▶ _DIRECTIONS FOR THIS TASK_: Go through the data below and work out how many lines contain "IsDotted"; the answer is the number alone.

-- EXTRACTED RECORDS follows --

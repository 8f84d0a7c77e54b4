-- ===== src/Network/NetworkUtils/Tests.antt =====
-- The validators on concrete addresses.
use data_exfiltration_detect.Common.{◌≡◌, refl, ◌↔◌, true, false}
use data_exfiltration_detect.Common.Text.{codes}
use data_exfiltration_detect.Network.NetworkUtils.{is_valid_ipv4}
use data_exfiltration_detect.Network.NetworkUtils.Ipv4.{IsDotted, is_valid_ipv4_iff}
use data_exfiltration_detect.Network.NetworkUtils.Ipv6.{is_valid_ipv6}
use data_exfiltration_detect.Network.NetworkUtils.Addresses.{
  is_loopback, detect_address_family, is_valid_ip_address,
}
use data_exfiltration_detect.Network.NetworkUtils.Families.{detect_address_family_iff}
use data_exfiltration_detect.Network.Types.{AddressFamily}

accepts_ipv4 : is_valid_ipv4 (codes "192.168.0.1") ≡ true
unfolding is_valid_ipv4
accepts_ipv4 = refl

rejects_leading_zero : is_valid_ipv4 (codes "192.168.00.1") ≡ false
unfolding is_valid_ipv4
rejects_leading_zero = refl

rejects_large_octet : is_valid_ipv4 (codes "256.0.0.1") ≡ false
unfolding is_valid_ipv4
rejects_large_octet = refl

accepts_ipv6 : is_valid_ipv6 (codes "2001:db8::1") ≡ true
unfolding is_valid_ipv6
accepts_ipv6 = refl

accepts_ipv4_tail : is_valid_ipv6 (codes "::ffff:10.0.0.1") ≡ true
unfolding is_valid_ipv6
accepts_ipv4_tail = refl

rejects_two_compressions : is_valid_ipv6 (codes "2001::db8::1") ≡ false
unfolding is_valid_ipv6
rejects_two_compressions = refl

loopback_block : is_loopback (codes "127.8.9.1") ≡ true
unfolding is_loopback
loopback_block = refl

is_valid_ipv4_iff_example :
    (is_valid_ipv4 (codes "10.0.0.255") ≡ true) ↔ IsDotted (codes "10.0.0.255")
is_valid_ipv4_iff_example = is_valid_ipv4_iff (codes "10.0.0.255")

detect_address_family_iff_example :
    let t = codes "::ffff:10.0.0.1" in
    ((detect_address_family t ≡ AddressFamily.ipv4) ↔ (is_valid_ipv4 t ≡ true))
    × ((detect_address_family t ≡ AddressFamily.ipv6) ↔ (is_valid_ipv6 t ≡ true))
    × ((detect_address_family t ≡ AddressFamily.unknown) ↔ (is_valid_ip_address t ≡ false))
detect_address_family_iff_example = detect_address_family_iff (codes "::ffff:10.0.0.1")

-- EXTRACTED RECORDS concluded --

▶ _EXERCISE OUTPUT_: 2